# RECORDS SHOWN
______
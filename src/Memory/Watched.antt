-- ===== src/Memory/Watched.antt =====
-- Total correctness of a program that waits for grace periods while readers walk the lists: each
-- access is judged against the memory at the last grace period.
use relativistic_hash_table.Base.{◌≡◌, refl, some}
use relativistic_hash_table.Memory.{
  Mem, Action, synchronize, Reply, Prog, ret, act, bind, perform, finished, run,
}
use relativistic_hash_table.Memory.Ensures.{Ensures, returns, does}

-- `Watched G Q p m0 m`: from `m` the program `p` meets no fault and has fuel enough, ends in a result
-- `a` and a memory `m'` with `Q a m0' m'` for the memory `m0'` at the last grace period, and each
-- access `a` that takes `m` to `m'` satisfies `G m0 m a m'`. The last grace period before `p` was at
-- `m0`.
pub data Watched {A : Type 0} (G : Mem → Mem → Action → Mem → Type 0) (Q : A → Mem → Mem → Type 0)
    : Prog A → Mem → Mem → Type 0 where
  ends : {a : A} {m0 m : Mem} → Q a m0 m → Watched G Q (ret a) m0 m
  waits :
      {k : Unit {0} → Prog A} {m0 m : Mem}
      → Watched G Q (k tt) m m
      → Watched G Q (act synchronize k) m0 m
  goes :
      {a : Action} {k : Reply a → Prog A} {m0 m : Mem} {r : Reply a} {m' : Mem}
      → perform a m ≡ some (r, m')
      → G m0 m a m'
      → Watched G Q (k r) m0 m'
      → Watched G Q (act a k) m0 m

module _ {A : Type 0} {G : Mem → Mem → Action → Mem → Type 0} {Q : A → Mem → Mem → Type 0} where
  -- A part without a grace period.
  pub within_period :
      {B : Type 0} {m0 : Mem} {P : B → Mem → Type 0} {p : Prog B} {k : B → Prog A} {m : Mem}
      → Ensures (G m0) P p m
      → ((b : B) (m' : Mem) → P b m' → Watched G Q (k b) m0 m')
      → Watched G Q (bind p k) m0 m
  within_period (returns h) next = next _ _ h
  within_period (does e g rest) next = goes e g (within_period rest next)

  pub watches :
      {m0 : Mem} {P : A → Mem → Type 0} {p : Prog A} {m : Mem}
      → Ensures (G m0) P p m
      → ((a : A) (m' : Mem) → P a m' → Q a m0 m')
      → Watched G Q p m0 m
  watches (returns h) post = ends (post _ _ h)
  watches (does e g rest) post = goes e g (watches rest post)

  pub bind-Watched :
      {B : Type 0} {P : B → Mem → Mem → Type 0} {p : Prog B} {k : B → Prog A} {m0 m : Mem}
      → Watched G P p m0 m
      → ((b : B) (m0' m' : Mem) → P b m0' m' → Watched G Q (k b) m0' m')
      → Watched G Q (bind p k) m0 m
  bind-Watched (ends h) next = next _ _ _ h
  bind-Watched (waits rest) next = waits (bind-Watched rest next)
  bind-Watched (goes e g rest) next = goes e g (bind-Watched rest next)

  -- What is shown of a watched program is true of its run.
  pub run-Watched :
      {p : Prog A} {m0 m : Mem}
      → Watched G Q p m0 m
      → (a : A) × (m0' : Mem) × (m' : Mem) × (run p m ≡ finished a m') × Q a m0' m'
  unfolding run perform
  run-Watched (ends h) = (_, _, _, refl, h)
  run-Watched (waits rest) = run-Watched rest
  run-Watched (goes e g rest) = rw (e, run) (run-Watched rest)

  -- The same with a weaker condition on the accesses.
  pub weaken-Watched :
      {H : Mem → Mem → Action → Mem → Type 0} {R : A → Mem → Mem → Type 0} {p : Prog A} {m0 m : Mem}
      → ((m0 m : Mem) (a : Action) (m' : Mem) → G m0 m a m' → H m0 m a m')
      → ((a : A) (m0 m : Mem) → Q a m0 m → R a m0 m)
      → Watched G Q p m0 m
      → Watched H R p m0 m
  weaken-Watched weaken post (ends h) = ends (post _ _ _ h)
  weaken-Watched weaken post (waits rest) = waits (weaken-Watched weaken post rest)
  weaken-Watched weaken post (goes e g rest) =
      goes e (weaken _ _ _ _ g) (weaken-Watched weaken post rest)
______
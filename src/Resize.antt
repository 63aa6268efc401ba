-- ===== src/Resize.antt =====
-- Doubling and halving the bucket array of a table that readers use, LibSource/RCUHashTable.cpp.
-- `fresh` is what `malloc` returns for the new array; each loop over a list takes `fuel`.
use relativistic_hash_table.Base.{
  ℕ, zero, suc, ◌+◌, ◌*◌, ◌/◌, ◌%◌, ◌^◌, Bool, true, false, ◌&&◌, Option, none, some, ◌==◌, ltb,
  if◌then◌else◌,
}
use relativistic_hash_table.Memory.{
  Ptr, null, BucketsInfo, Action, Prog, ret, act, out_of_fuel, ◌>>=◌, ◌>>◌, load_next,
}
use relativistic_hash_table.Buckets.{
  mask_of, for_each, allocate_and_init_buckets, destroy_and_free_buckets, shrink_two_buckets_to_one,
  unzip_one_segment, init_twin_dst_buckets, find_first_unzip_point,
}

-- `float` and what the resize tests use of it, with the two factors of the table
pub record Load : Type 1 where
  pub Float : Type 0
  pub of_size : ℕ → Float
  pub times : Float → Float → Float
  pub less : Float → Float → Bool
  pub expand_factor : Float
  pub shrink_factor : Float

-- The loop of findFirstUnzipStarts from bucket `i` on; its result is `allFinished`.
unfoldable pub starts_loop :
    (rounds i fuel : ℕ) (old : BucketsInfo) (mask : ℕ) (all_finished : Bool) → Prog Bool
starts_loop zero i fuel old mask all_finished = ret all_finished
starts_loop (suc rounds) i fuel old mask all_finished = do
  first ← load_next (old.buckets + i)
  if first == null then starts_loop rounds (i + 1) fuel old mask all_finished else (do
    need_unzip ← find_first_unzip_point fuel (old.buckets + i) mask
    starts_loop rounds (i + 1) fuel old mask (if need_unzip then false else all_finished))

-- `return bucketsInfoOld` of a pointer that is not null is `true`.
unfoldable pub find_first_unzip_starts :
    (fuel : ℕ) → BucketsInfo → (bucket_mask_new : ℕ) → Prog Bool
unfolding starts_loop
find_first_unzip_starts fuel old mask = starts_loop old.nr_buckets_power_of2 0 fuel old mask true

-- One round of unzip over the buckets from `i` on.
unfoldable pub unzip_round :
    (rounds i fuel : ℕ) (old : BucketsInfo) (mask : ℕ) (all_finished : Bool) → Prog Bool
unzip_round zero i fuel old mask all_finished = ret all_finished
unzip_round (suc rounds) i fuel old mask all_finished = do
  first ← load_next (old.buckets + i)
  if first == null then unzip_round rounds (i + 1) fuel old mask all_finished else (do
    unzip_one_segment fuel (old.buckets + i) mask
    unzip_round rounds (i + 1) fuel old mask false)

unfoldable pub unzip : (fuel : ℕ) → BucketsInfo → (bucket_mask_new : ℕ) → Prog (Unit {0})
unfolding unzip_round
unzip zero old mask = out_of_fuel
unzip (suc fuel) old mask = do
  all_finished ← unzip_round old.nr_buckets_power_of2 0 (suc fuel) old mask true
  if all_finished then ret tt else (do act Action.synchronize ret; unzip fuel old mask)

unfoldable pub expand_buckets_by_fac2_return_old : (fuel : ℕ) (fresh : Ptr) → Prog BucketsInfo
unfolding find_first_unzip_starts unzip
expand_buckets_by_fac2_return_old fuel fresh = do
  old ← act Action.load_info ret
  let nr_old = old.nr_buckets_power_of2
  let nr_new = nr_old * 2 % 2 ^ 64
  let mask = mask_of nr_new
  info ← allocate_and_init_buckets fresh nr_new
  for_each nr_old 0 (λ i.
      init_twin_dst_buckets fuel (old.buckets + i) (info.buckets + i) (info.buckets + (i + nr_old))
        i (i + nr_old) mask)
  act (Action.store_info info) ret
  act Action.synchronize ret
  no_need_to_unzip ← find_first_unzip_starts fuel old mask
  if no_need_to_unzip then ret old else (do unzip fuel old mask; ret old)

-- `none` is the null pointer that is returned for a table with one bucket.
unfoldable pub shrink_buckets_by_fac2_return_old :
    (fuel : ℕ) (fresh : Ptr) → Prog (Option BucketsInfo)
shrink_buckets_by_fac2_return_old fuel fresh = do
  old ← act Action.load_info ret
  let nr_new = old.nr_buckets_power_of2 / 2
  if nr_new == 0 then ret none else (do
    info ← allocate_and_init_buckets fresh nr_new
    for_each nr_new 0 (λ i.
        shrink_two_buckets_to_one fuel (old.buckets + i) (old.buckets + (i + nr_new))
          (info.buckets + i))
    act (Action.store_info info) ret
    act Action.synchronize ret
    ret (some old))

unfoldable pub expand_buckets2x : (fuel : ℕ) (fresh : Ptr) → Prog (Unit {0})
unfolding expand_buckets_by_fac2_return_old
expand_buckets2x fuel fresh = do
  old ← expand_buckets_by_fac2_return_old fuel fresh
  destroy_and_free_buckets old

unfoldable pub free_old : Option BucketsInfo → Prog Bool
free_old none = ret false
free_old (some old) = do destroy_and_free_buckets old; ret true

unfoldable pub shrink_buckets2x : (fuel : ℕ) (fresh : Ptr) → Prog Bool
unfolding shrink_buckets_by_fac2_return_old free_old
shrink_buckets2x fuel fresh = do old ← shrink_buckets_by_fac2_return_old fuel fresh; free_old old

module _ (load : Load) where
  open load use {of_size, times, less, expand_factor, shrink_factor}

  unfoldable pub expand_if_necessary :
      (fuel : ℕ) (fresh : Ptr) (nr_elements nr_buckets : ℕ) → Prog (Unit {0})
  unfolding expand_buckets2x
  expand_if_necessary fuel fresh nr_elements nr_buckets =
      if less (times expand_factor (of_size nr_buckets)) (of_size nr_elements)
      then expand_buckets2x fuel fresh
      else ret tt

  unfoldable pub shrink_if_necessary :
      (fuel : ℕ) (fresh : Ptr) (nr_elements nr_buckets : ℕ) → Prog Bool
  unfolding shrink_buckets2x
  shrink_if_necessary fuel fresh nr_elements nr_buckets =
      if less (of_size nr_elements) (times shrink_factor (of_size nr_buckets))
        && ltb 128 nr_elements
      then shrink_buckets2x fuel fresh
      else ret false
______
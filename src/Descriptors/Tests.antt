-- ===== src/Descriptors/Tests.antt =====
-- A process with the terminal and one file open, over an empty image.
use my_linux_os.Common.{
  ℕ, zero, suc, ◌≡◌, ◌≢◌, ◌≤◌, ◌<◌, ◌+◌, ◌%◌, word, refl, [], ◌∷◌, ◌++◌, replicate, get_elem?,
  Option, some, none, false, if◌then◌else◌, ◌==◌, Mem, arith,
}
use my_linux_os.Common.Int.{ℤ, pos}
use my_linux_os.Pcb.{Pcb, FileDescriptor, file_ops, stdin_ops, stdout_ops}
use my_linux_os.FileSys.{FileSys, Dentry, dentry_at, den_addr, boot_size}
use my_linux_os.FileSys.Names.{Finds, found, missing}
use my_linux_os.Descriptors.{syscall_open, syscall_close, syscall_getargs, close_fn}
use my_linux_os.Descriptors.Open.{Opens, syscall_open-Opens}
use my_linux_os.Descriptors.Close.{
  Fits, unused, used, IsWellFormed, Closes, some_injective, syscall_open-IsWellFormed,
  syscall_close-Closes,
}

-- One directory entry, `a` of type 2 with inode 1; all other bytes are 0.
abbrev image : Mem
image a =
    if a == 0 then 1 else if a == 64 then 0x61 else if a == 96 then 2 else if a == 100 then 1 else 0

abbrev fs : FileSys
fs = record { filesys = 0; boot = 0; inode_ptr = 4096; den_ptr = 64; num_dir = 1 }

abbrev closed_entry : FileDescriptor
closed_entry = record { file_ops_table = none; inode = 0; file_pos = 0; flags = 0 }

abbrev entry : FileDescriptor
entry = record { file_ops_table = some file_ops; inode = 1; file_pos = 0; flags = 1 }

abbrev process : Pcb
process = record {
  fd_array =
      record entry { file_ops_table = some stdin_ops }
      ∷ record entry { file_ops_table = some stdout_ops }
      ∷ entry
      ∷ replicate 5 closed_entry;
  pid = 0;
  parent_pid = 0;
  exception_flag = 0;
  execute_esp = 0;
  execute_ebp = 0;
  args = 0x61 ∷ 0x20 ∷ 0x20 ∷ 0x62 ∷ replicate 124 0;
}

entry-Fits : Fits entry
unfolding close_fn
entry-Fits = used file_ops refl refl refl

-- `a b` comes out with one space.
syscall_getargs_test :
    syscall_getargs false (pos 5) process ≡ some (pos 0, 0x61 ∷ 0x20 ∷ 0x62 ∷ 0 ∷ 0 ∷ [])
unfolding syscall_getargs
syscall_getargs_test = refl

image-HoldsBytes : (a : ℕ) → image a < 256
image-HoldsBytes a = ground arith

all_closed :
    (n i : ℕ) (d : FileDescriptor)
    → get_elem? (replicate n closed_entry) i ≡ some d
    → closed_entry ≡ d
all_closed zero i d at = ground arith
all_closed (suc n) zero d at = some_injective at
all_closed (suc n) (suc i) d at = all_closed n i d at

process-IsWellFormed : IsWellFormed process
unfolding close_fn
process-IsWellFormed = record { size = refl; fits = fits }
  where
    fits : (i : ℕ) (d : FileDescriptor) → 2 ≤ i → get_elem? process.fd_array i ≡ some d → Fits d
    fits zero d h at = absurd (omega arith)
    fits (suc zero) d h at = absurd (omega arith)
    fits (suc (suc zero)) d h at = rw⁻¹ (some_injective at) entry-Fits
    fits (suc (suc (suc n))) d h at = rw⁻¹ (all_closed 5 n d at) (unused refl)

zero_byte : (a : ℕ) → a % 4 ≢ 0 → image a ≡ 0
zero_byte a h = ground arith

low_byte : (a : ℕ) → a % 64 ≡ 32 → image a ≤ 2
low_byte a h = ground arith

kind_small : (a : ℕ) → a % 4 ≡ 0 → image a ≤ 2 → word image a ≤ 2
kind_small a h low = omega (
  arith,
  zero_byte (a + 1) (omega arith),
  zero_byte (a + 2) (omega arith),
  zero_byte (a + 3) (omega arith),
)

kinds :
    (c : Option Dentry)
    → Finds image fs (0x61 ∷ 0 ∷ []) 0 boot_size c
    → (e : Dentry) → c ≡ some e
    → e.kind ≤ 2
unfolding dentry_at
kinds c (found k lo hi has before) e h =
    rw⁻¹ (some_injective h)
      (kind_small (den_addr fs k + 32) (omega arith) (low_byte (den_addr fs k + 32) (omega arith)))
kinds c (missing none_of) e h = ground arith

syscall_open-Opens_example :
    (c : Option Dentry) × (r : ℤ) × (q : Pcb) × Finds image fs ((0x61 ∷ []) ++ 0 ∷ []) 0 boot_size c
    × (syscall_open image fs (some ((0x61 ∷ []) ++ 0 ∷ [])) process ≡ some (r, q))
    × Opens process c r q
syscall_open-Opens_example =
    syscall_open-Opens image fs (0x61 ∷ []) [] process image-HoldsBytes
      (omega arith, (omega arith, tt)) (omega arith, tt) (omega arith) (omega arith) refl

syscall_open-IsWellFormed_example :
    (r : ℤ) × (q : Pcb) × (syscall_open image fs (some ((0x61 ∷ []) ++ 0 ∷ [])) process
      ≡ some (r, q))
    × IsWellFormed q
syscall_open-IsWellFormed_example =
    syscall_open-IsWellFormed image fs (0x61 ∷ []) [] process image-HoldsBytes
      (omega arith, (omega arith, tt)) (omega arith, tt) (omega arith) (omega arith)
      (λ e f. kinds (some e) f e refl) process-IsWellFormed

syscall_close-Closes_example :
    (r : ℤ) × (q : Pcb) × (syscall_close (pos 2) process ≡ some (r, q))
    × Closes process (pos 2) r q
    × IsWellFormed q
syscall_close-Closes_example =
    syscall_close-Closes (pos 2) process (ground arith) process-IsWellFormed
______
# EXERCISE INSTRUCTIONS
Exactly the lines above from the one with "all_closed zero i d at = ground arith" to the one with "fits : (i : ℕ)", both included, are to be quoted; leave the rest out.

# SOLVED PROBLEM
all_closed zero i d at = ground arith
all_closed (suc n) zero d at = some_injective at
all_closed (suc n) (suc i) d at = all_closed n i d at

process-IsWellFormed : IsWellFormed process
unfolding close_fn
process-IsWellFormed = record { size = refl; fits = fits }
  where
    fits : (i : ℕ) (d : FileDescriptor) → 2 ≤ i → get_elem? process.fd_array i ≡ some d → Fits d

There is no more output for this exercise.